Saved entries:
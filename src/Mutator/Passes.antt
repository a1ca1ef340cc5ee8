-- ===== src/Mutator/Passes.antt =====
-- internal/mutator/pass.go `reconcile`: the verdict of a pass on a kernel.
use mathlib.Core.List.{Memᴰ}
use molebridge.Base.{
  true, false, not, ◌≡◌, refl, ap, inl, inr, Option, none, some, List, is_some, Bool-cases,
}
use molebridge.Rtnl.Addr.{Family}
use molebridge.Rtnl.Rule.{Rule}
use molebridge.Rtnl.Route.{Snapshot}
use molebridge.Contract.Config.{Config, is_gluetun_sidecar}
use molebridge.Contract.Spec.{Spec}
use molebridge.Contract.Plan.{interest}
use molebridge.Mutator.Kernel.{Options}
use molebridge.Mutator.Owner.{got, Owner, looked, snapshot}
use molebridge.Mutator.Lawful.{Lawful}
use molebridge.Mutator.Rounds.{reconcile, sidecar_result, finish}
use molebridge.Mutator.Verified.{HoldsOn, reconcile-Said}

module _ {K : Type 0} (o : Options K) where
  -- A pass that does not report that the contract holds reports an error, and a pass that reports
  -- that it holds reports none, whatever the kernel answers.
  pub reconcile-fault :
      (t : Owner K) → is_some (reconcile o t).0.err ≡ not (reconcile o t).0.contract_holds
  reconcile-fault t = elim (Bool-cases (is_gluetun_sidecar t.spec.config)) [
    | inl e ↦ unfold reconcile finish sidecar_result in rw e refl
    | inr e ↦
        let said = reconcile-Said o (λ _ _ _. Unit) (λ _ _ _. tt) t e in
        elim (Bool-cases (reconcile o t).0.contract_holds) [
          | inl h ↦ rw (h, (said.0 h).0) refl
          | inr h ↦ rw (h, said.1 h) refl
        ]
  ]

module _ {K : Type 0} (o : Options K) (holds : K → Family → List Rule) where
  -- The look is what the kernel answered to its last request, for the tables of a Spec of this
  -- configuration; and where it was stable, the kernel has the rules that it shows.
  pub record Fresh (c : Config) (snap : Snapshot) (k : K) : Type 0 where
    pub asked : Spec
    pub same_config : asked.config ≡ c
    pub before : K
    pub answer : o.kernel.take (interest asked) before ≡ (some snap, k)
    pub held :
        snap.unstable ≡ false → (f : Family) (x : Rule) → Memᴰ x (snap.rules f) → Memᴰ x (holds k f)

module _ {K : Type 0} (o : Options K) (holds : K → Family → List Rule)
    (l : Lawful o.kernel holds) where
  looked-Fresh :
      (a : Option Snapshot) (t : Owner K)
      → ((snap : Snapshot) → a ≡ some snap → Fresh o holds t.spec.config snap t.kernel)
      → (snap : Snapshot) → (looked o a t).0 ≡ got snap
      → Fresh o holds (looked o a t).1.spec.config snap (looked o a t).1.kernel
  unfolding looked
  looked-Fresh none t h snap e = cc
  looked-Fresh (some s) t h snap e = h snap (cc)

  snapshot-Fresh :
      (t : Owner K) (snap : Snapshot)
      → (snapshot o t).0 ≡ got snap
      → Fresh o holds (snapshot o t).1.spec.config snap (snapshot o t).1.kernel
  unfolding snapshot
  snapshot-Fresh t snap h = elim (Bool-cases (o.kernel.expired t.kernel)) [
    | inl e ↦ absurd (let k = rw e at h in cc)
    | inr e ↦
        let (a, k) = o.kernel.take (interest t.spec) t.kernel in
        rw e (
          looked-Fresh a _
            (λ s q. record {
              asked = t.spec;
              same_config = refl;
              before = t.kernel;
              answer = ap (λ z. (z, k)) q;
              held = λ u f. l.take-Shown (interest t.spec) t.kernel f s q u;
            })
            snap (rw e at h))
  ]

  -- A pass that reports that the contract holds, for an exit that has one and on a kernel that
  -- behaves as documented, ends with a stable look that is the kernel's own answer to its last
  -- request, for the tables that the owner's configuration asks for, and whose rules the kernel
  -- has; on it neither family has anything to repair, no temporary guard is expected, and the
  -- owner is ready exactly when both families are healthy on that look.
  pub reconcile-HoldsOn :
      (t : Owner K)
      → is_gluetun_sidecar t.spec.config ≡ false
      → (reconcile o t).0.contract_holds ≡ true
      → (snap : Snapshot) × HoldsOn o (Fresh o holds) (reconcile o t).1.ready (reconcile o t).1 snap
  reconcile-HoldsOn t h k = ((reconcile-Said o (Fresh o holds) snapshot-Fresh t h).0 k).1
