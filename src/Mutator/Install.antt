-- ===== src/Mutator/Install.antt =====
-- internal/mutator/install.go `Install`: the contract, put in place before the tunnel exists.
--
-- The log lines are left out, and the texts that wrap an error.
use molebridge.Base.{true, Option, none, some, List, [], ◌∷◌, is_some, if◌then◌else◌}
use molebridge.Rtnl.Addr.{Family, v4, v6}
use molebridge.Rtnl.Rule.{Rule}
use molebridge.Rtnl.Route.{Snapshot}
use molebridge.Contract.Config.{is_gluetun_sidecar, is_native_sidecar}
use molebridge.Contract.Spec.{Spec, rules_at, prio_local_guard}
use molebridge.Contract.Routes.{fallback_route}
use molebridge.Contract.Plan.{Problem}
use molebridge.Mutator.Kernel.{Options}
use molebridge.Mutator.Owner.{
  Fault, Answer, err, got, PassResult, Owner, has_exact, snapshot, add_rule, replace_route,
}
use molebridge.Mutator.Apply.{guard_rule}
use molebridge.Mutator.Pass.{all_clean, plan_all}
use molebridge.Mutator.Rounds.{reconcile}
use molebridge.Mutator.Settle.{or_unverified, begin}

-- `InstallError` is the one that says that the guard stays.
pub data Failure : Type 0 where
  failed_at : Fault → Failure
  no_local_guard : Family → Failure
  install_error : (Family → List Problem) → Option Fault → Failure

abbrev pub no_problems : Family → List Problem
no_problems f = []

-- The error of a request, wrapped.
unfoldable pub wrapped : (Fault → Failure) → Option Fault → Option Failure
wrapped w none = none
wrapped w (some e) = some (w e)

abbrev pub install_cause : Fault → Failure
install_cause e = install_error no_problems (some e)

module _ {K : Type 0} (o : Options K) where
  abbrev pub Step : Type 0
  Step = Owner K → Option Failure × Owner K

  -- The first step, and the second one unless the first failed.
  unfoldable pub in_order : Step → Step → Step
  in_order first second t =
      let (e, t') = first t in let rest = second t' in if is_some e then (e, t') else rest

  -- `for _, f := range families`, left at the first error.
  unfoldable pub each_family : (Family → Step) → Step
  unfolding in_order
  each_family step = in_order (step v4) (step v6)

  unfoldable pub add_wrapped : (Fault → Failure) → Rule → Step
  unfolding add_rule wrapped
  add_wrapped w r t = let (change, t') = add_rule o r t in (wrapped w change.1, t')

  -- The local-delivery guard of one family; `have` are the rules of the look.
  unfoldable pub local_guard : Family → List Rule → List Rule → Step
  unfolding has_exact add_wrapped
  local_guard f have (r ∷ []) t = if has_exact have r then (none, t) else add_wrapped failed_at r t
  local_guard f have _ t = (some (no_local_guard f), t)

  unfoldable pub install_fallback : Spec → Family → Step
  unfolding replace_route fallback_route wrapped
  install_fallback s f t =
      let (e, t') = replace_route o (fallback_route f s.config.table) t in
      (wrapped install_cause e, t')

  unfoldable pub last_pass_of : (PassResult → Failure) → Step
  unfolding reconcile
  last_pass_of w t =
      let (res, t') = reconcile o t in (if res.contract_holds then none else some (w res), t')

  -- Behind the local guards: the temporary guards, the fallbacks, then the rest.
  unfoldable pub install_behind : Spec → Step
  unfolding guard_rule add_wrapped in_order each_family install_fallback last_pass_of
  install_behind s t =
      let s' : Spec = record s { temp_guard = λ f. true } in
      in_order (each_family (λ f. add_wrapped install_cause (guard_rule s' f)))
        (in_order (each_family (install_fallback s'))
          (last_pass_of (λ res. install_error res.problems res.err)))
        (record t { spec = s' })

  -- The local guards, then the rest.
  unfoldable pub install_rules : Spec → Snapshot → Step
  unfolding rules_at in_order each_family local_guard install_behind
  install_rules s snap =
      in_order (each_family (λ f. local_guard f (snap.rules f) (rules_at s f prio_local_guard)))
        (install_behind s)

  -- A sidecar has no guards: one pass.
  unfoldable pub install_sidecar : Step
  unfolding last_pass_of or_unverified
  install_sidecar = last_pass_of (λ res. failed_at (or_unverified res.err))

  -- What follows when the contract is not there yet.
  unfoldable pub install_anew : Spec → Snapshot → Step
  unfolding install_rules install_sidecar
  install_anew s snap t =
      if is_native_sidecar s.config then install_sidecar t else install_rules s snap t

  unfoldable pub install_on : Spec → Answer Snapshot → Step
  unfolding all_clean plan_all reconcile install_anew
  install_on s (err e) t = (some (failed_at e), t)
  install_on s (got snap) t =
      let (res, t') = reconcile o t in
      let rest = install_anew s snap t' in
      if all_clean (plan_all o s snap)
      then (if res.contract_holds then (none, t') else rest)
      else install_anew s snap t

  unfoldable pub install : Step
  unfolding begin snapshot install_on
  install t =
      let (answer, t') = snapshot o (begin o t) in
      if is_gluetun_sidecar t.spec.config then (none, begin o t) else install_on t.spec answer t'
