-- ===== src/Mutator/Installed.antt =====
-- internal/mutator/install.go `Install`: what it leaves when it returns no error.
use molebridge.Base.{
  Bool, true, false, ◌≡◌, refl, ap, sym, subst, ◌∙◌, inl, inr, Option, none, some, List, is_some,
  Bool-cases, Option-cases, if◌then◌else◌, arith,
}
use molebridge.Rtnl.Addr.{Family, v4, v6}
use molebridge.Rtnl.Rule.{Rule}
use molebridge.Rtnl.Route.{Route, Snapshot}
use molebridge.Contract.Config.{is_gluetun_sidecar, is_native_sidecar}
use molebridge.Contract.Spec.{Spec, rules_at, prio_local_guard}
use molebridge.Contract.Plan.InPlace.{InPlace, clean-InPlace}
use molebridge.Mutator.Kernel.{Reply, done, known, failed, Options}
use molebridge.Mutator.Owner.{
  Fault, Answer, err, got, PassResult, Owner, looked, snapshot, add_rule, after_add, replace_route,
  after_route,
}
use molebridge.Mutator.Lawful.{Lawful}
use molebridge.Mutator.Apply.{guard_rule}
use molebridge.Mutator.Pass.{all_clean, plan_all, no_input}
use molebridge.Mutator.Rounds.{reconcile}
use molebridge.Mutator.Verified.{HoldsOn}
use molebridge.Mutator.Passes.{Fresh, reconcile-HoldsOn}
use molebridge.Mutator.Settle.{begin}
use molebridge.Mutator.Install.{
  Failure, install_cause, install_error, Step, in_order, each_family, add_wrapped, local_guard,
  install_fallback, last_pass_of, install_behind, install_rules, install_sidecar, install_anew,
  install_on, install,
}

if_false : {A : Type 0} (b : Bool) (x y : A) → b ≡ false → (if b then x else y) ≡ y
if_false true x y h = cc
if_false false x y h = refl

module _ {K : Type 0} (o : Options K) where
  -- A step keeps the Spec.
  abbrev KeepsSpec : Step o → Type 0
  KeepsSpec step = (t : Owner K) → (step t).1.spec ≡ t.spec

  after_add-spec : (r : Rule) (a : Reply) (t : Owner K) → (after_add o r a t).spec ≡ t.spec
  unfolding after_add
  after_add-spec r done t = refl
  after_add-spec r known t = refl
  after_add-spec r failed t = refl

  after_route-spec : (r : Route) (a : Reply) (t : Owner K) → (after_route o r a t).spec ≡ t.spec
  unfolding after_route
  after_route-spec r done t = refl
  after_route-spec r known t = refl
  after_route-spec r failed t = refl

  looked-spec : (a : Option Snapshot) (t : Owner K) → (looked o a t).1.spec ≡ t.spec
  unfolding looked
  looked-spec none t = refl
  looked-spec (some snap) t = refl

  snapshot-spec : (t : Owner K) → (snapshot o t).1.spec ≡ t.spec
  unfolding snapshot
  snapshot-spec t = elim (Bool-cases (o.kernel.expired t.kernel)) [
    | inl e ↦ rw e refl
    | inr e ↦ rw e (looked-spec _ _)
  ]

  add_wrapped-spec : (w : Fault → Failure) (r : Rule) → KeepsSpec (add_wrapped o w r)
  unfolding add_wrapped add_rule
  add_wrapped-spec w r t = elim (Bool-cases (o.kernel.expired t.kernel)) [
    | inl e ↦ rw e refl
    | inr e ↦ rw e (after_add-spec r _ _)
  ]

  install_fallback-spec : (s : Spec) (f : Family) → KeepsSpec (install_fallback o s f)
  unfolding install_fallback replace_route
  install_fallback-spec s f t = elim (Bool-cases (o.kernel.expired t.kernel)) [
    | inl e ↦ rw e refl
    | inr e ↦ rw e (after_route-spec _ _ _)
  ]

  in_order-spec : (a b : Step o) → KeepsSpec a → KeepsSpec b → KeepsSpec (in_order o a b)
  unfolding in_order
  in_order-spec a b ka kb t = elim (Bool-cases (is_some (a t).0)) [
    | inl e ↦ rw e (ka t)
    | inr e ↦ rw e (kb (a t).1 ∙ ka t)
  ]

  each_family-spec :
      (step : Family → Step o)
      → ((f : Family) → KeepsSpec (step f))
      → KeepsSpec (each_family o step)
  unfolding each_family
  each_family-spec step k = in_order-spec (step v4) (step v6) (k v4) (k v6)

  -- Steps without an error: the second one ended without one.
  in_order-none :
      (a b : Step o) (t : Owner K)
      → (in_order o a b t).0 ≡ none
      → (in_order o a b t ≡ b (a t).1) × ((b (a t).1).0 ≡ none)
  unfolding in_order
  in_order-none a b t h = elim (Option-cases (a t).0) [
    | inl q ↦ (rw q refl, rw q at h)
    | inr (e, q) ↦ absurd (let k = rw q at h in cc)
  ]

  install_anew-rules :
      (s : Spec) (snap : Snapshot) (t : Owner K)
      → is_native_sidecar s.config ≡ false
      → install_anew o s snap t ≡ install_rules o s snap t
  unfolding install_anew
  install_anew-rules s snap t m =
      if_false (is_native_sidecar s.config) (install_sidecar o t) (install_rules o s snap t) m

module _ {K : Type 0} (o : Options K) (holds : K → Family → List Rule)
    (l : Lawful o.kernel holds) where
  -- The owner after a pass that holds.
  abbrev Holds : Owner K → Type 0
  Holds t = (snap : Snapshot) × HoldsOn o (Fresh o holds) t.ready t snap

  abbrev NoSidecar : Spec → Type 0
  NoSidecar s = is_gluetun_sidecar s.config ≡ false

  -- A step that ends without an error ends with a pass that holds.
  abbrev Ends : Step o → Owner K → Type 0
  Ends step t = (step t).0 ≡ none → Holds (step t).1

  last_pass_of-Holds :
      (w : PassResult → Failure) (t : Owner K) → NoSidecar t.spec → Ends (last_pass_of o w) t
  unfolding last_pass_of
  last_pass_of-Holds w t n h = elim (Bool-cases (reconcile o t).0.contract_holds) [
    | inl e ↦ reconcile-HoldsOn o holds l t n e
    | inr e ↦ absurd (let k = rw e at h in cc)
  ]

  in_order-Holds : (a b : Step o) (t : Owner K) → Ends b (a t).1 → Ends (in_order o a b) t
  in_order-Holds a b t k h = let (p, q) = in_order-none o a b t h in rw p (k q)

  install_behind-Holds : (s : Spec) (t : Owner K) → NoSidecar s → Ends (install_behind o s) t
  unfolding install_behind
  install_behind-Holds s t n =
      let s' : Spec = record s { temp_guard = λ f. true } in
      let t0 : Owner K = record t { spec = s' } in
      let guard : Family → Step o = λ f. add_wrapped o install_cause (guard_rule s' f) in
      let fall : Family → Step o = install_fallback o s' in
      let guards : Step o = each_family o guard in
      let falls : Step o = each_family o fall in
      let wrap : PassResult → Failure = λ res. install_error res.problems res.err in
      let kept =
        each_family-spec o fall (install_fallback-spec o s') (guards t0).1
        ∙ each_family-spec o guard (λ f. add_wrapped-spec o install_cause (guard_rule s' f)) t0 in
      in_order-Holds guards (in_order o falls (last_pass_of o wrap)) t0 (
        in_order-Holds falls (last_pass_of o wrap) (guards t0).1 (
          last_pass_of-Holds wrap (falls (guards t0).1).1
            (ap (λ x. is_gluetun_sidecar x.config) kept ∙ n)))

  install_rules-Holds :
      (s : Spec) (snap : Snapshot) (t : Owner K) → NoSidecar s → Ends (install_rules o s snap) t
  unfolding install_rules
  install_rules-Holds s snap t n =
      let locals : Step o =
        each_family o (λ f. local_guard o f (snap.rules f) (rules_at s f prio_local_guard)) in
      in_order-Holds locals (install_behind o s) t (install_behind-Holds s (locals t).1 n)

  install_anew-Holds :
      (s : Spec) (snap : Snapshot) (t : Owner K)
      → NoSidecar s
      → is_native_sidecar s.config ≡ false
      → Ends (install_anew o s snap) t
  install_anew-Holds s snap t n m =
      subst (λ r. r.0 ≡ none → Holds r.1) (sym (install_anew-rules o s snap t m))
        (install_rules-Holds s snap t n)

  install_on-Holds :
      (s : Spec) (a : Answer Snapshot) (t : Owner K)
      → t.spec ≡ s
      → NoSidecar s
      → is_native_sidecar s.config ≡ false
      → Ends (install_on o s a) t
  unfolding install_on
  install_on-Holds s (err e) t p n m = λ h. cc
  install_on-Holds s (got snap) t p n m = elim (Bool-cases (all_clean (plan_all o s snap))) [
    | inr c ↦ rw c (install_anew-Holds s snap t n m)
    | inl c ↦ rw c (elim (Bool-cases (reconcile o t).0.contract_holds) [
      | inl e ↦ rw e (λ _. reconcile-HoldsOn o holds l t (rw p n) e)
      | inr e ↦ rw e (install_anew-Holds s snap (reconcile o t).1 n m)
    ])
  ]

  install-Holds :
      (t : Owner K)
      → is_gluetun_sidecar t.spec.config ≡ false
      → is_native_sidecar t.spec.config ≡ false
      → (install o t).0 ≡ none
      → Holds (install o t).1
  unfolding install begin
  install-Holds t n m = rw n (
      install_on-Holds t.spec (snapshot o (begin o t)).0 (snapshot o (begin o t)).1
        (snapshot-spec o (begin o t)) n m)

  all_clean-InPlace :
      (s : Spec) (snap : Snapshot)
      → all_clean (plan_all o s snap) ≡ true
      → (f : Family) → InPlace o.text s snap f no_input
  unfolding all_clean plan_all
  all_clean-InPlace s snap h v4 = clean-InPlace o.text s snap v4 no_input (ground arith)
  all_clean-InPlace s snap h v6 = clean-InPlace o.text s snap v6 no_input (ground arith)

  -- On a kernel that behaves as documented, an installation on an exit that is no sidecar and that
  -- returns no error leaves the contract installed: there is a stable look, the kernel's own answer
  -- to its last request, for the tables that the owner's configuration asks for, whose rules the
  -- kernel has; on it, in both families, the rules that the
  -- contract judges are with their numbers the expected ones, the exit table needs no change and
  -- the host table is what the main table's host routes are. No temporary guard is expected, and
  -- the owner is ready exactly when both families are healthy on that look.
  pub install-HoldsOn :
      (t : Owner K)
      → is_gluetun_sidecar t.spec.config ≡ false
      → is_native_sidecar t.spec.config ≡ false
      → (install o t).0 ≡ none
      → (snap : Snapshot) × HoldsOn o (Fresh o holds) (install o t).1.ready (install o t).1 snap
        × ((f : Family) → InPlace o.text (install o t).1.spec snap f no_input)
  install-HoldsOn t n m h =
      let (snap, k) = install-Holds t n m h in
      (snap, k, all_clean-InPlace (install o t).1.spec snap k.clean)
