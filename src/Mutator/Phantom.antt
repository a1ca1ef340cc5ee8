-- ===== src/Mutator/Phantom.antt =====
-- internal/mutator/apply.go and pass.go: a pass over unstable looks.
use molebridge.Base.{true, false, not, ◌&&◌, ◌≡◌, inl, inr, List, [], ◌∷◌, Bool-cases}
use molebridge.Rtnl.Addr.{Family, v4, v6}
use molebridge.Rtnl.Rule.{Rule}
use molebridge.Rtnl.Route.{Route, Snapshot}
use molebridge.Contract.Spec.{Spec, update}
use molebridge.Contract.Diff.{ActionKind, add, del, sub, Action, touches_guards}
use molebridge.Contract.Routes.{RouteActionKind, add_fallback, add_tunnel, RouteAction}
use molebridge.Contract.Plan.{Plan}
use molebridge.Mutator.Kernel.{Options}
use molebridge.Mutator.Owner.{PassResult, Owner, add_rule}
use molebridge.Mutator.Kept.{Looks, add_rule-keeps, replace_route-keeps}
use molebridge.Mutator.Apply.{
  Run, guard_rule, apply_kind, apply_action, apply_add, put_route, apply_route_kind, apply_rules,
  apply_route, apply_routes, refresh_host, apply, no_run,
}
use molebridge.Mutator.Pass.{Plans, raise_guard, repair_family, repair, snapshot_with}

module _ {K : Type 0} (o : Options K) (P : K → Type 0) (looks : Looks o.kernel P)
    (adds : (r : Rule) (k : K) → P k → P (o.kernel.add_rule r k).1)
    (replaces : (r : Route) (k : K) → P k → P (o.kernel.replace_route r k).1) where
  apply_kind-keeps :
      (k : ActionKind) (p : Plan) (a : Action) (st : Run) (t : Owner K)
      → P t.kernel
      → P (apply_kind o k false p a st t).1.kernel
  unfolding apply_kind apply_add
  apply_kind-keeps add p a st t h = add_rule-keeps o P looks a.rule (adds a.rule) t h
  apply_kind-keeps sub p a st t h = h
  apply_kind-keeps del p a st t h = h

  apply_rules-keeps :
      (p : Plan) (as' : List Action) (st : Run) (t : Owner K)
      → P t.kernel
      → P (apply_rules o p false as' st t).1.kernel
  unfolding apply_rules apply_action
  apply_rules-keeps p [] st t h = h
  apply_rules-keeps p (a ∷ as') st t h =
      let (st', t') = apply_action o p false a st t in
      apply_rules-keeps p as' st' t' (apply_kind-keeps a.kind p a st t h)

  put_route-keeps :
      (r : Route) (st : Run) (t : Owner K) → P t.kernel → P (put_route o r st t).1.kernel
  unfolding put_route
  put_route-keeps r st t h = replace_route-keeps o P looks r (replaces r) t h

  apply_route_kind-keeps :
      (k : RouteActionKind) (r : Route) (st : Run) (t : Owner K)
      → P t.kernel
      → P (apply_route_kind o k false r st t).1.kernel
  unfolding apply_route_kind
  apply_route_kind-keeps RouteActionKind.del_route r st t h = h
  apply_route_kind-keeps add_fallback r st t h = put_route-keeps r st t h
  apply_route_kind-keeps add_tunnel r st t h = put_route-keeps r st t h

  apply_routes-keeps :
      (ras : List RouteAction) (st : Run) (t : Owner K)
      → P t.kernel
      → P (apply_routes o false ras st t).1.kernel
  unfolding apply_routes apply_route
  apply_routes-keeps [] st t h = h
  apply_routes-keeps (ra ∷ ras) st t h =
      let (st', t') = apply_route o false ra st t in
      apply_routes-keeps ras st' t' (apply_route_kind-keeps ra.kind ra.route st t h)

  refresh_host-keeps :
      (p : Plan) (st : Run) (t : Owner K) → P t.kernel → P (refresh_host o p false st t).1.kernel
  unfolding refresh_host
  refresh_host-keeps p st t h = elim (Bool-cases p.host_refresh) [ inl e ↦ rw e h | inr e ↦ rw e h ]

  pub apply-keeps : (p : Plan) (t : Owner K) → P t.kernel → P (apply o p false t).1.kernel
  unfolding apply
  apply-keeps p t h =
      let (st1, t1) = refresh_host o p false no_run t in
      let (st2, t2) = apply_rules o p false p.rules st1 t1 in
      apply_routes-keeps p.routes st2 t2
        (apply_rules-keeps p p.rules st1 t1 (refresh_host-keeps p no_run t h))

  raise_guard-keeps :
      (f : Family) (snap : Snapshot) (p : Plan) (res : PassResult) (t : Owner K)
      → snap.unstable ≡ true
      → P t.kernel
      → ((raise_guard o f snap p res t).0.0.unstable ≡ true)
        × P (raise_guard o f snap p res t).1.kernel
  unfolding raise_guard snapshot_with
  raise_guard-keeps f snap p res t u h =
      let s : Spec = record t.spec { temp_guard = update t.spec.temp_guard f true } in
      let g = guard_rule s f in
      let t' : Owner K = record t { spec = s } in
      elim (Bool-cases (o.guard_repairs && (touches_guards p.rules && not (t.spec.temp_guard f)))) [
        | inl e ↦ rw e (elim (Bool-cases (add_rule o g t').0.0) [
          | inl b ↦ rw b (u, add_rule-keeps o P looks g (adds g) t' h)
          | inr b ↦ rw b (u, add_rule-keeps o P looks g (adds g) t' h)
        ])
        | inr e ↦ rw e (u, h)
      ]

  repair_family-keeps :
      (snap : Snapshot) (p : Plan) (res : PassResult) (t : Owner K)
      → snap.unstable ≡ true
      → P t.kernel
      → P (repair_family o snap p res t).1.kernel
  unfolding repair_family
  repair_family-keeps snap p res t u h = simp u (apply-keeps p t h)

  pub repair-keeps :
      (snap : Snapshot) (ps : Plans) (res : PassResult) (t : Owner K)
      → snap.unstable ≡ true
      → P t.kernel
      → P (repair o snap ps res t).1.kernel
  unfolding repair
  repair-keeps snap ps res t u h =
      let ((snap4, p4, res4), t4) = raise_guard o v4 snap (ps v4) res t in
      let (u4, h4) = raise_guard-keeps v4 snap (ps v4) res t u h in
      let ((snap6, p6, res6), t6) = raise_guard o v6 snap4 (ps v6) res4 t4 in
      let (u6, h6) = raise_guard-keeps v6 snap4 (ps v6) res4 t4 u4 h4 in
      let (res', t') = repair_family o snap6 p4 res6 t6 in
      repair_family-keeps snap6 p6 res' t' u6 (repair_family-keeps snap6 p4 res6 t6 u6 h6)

**Work to be completed**
Your answer should be the lines from the one containing "inl b ↦ rw b" through the last line of the records, repeated exactly and with nothing added.

**Your response**
          | inl b ↦ rw b (u, add_rule-keeps o P looks g (adds g) t' h)
          | inr b ↦ rw b (u, add_rule-keeps o P looks g (adds g) t' h)
        ])
        | inr e ↦ rw e (u, h)
      ]

  repair_family-keeps :
      (snap : Snapshot) (p : Plan) (res : PassResult) (t : Owner K)
      → snap.unstable ≡ true
      → P t.kernel
      → P (repair_family o snap p res t).1.kernel
  unfolding repair_family
  repair_family-keeps snap p res t u h = simp u (apply-keeps p t h)

  pub repair-keeps :
      (snap : Snapshot) (ps : Plans) (res : PassResult) (t : Owner K)
      → snap.unstable ≡ true
      → P t.kernel
      → P (repair o snap ps res t).1.kernel
  unfolding repair
  repair-keeps snap ps res t u h =
      let ((snap4, p4, res4), t4) = raise_guard o v4 snap (ps v4) res t in
      let (u4, h4) = raise_guard-keeps v4 snap (ps v4) res t u h in
      let ((snap6, p6, res6), t6) = raise_guard o v6 snap4 (ps v6) res4 t4 in
      let (u6, h6) = raise_guard-keeps v6 snap4 (ps v6) res4 t4 u4 h4 in
      let (res', t') = repair_family o snap6 p4 res6 t6 in
      repair_family-keeps snap6 p6 res' t' u6 (repair_family-keeps snap6 p4 res6 t6 u6 h6)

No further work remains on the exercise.